PHUKET: After being killed in unlimited numbers for decades, five shark species and the manta ray have won the protection of the world’s wildlife and plants summit, prompting countries to regulate trade in their products.
Yesterday, the five shark species – including the oceanic white-tip, scalloped hammerhead, great hammerhead, smooth hammerhead, and porbeagle shark – and the manta ray were classified under Appendix II of the Convention on International Trade in Endangered Species of Wild Fauna and Flora (CITES.)

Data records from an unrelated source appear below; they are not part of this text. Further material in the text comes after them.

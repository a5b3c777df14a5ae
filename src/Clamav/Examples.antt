-- ===== src/Clamav/Examples.antt =====
-- Tests of app/services/clamav_client.py, and its theorems at concrete inputs.
use rfp.Clamav.{
  ClamavEnv, before_zero, connected, empty_result, ends_with, found_suffix, name_in, pack_length,
  read_bytes, read_until, received_bytes, reply_result, scan_stream, send_timeout, sent_all,
  stream_chunks, stream_ok, stream_prefix,
}
use rfp.Clamav.Cleared.{ClearedFile, scan_stream-ClearedFile}
use rfp.Clamav.Lines.{IsEngineVersion, IsNamed, parse_version_line-version_line, version_line}
use rfp.Clamav.Version.{
  VersionOps, after_space, check_connectivity, colon, engine_version_of, get_version_info,
  handshake, month_in, one_digit, parse_version_line, parse_version_timestamp, pong_response,
  some_name, some_spaces, spaces_off, three_letters, two_digits, two_digits_at_most, up_to_slash,
  version_parts, version_tail,
}
use rfp.Evidence.{starts_with}
use rfp.Extraction.World.{TextOps, strip}
use rfp.Prelude.{
  Text, [], any_char, arith, false, if◌then◌else◌, leb, none, refl, same_text, slice, some, true,
  ◌&&◌, ◌*◌, ◌++◌, ◌+◌, ◌-◌, ◌==◌, ◌||◌, ◌∷◌, ◌≡◌,
}
use rfp.Scan.World.{VersionInfo, clean, found, protocol_error, size_limit_exceeded, timeout}

abbrev clamav_chars : TextOps
clamav_chars = record {
  is_space = λ c. c == 0x20 || c == 0x0a;
  nfc = λ chars. chars;
  sha256 = λ chars. "h";
  show_id = λ n. n ∷ [];
  show_number = λ n. n ∷ [];
  code_points = λ s. [];
}

-- A file of three bytes in two reads, and a clamd that gives this reply.
abbrev answering : Text → ClamavEnv
answering reply = record {
  chars = clamav_chars;
  limit = 3;
  connection = connected;
  opens = true;
  reads = read_bytes (1 ∷ 2 ∷ []) ∷ read_bytes (0 ∷ []) ∷ [];
  send = λ n. sent_all;
  receive = received_bytes reply ∷ [];
  decode_reply = λ bytes. bytes;
  name_of = λ name. "n";
}

-- "stream: OK" and a zero; "stream: E FOUND" and a zero
abbrev ok_reply : Text
ok_reply = stream_ok ++ (0 ∷ [])

abbrev found_reply : Text
found_reply = stream_prefix ++ (0x45 ∷ (found_suffix ++ (0 ∷ [])))

abbrev three_bytes : Text
three_bytes = 0 ∷ 0 ∷ 0 ∷ 2 ∷ 1 ∷ 2 ∷ 0 ∷ 0 ∷ 0 ∷ 1 ∷ 0 ∷ 0 ∷ 0 ∷ 0 ∷ 0 ∷ []

answers :
    (scan_stream (answering ok_reply) ≡ (empty_result clean, three_bytes))
    × ((scan_stream (answering found_reply)).0
        ≡ record (empty_result found) { signature_name = some "n" })
    × ((scan_stream (answering (0x4f ∷ 0x4b ∷ []))).0 ≡ empty_result protocol_error)
unfolding scan_stream stream_chunks read_until pack_length any_char reply_result same_text strip
    before_zero starts_with ends_with name_in slice
answers = (refl, refl, refl)

-- A file past the limit is not sent further, and the length zero still ends the stream; a timeout of
-- the last send is told apart.
stops :
    (scan_stream (record (answering ok_reply) { limit = 2 })
      ≡ (empty_result size_limit_exceeded, 0 ∷ 0 ∷ 0 ∷ 2 ∷ 1 ∷ 2 ∷ 0 ∷ 0 ∷ 0 ∷ 0 ∷ []))
    × ((scan_stream
          (record (answering ok_reply) { send = λ n. if n == 3 then send_timeout else sent_all })).0
        ≡ empty_result timeout)
unfolding scan_stream stream_chunks pack_length
stops = (refl, refl)

scan_stream-ClearedFile_example :
    ClearedFile (answering ok_reply) (scan_stream (answering ok_reply)).1
unfolding scan_stream stream_chunks read_until any_char reply_result same_text strip before_zero
scan_stream-ClearedFile_example = scan_stream-ClearedFile (answering ok_reply) (omega arith) refl

abbrev version_ops : VersionOps
version_ops = record {
  env = answering ok_reply;
  decode_ascii = λ bytes. bytes;
  decimal = λ c. if leb 0x30 c && leb c 0x39 then some (c - 0x30) else none;
  datetime_of = λ year. λ month. λ day. λ hour. λ minute. λ second.
      if leb day 31
      then some (second + 100 * (minute + 100 * (hour + 100 * (day + 100 * (month + 100 * year)))))
      else none;
}

-- "ClamAV 1.4", "28058" and "Sun Jul 12 06:25:26 2026"
abbrev engine_text : Text
engine_text = 0x43 ∷ 0x6c ∷ 0x61 ∷ 0x6d ∷ 0x41 ∷ 0x56 ∷ 0x20 ∷ 0x31 ∷ 0x2e ∷ 0x34 ∷ []

abbrev signatures_text : Text
signatures_text = 0x32 ∷ 0x38 ∷ 0x30 ∷ 0x35 ∷ 0x38 ∷ []

abbrev time_text : Text
time_text =
    0x53 ∷ 0x75 ∷ 0x6e ∷ 0x20 ∷ 0x4a ∷ 0x75 ∷ 0x6c ∷ 0x20 ∷ 0x31 ∷ 0x32 ∷ 0x20 ∷ 0x30 ∷ 0x36 ∷ 0x3a
    ∷ 0x32 ∷ 0x35 ∷ 0x3a ∷ 0x32 ∷ 0x36 ∷ 0x20 ∷ 0x32 ∷ 0x30 ∷ 0x32 ∷ 0x36 ∷ []

-- Times with one digit for the day, with an unknown month, and with a day that is no day
abbrev early_text : Text
early_text =
    0x54 ∷ 0x68 ∷ 0x75 ∷ 0x20 ∷ 0x4a ∷ 0x75 ∷ 0x6c ∷ 0x20 ∷ 0x32 ∷ 0x20 ∷ 0x30 ∷ 0x36 ∷ 0x3a ∷ 0x32
    ∷ 0x35 ∷ 0x3a ∷ 0x32 ∷ 0x36 ∷ 0x20 ∷ 0x32 ∷ 0x30 ∷ 0x32 ∷ 0x36 ∷ []

abbrev unknown_month : Text
unknown_month =
    0x53 ∷ 0x75 ∷ 0x6e ∷ 0x20 ∷ 0x4a ∷ 0x75 ∷ 0x78 ∷ 0x20 ∷ 0x31 ∷ 0x32 ∷ 0x20 ∷ 0x30 ∷ 0x36 ∷ 0x3a
    ∷ 0x32 ∷ 0x35 ∷ 0x3a ∷ 0x32 ∷ 0x36 ∷ 0x20 ∷ 0x32 ∷ 0x30 ∷ 0x32 ∷ 0x36 ∷ []

abbrev no_day : Text
no_day =
    0x53 ∷ 0x75 ∷ 0x6e ∷ 0x20 ∷ 0x4a ∷ 0x75 ∷ 0x6c ∷ 0x20 ∷ 0x33 ∷ 0x32 ∷ 0x20 ∷ 0x30 ∷ 0x36 ∷ 0x3a
    ∷ 0x32 ∷ 0x35 ∷ 0x3a ∷ 0x32 ∷ 0x36 ∷ 0x20 ∷ 0x32 ∷ 0x30 ∷ 0x32 ∷ 0x36 ∷ []

parses :
    (parse_version_timestamp version_ops time_text ≡ some 20260712062526)
    × (parse_version_timestamp version_ops early_text ≡ some 20260702062526)
    × (parse_version_timestamp version_ops unknown_month ≡ none)
    × (parse_version_timestamp version_ops no_day ≡ none)
    × (check_connectivity version_ops ≡ false)
    × (check_connectivity (record version_ops { env = answering (pong_response ++ (0 ∷ [])) })
        ≡ true)
unfolding parse_version_timestamp three_letters strip some_spaces spaces_off two_digits_at_most
    two_digits one_digit colon month_in same_text check_connectivity handshake read_until any_char
    before_zero
parses = (refl, refl, refl, refl, refl, refl)

-- The line is trimmed first; without a second slash there is no version.
reads_version :
    (get_version_info (record version_ops {
      env = answering (version_line engine_text signatures_text time_text ++ (0x0a ∷ 0x20 ∷ []));
    })
      ≡ get_version_info (record version_ops {
        env = answering (version_line engine_text signatures_text time_text);
      }))
    × (parse_version_line version_ops (engine_text ++ (0x2f ∷ signatures_text)) ≡ none)
unfolding get_version_info handshake parse_version_line read_until engine_version_of some_name
    parse_version_timestamp any_char two_digits_at_most two_digits strip one_digit version_parts
    version_tail up_to_slash after_space
reads_version = (refl, refl)

parse_version_line-version_line_example :
    (info : VersionInfo) × (parse_version_line version_ops
        (version_line engine_text signatures_text time_text)
      ≡ some info)
    × IsEngineVersion version_ops.env (strip clamav_chars engine_text) info.engine_version
    × IsNamed version_ops.env (strip clamav_chars signatures_text) info.signature_version
    × (info.signature_timestamp
        ≡ parse_version_timestamp version_ops (strip clamav_chars time_text))
unfolding any_char
parse_version_line-version_line_example =
    parse_version_line-version_line version_ops engine_text signatures_text time_text refl refl refl
      refl refl refl refl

The 16th Conference of the Parties (CoP 16) to CITES is being held until March 14 in Bangkok. The proposal to protect the oceanic white-tip shark was submitted by Brazil, Colombia and the US. The proposal to include the scalloped hammerhead, great hammerhead and smooth hammerhead sharks was submitted by Brazil, Colombia, Costa Rica, Denmark, Ecuador, Honduras and Mexico
A proposal to protect the porbeagle shark, put forward by Brazil, Comoros, Croatia, Denmark and Egypt, won 93 votes, while 39 were against it and eight abstained.
The proposal to save the oceanic white-tip shark got the backing of 92 nations, 42 were against and eight abstained. Three species of hammerhead sharks got the support of 91 nations, 39 were against and eight abstained.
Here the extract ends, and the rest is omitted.